Collected data
______________________________

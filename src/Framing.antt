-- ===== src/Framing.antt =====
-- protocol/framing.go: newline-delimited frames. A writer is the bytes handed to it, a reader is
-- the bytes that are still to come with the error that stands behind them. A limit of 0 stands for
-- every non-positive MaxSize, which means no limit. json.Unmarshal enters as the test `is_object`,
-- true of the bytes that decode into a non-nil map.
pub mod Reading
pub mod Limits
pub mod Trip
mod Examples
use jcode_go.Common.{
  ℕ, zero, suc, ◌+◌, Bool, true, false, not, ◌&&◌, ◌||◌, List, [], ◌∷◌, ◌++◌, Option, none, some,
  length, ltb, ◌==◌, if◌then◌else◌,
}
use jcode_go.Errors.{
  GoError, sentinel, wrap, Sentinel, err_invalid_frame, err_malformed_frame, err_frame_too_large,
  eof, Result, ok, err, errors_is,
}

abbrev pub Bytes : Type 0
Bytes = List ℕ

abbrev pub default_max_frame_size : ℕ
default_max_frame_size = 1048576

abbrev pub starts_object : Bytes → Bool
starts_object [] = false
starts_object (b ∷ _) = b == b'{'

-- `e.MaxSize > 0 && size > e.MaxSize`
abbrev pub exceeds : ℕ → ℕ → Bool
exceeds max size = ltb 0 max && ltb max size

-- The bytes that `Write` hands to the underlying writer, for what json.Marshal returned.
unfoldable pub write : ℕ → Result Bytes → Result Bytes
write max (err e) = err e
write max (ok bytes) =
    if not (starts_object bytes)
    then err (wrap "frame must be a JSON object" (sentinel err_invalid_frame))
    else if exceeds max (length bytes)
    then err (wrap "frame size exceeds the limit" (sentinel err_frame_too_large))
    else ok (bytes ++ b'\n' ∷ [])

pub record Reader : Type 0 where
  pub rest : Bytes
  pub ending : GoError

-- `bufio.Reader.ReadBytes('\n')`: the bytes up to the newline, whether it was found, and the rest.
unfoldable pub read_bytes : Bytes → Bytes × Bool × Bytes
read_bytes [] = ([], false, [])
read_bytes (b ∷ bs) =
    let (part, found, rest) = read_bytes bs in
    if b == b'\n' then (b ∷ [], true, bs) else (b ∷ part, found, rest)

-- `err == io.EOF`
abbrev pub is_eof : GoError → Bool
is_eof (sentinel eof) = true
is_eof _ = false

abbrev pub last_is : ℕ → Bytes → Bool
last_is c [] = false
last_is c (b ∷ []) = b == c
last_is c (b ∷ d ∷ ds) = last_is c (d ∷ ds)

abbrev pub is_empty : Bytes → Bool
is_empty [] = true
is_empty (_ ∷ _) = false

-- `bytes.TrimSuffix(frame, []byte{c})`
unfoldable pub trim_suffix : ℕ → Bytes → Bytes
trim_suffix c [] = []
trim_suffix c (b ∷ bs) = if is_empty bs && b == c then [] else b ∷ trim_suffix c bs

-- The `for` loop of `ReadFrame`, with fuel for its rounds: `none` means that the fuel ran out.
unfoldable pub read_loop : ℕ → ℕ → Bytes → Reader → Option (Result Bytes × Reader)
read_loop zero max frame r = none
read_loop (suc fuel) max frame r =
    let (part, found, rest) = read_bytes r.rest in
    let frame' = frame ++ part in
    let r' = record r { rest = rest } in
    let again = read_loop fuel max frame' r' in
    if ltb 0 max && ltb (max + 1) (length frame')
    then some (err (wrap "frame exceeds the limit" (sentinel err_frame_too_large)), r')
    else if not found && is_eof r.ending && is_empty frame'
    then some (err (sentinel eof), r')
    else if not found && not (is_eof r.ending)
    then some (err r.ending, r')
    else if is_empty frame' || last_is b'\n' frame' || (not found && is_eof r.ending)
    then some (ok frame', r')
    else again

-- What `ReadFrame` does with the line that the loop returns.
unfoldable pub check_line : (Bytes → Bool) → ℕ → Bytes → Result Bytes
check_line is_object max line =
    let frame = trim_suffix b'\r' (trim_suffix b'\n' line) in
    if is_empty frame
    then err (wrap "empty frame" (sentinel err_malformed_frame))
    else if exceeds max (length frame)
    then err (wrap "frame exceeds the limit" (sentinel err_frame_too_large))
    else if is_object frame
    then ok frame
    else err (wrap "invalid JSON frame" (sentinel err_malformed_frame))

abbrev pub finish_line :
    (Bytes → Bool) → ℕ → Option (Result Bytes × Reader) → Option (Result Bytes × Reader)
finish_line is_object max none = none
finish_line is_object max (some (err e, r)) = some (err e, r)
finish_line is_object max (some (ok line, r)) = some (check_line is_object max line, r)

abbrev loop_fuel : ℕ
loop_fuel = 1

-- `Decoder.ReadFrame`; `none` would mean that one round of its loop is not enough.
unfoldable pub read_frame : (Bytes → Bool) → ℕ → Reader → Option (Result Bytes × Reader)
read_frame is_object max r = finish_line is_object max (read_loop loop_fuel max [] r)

______________________________

→ **What is needed**
Only the lines above starting at the one containing "and the rest." and ending at the one containing "let (part, found, rest) = read_bytes r.rest", both included, are to be returned, exactly as they read.

→ **Output of the task**
-- `bufio.Reader.ReadBytes('\n')`: the bytes up to the newline, whether it was found, and the rest.
unfoldable pub read_bytes : Bytes → Bytes × Bool × Bytes
read_bytes [] = ([], false, [])
read_bytes (b ∷ bs) =
    let (part, found, rest) = read_bytes bs in
    if b == b'\n' then (b ∷ [], true, bs) else (b ∷ part, found, rest)

-- `err == io.EOF`
abbrev pub is_eof : GoError → Bool
is_eof (sentinel eof) = true
is_eof _ = false

abbrev pub last_is : ℕ → Bytes → Bool
last_is c [] = false
last_is c (b ∷ []) = b == c
last_is c (b ∷ d ∷ ds) = last_is c (d ∷ ds)

abbrev pub is_empty : Bytes → Bool
is_empty [] = true
is_empty (_ ∷ _) = false

-- `bytes.TrimSuffix(frame, []byte{c})`
unfoldable pub trim_suffix : ℕ → Bytes → Bytes
trim_suffix c [] = []
trim_suffix c (b ∷ bs) = if is_empty bs && b == c then [] else b ∷ trim_suffix c bs

-- The `for` loop of `ReadFrame`, with fuel for its rounds: `none` means that the fuel ran out.
unfoldable pub read_loop : ℕ → ℕ → Bytes → Reader → Option (Result Bytes × Reader)
read_loop zero max frame r = none
read_loop (suc fuel) max frame r =
    let (part, found, rest) = read_bytes r.rest in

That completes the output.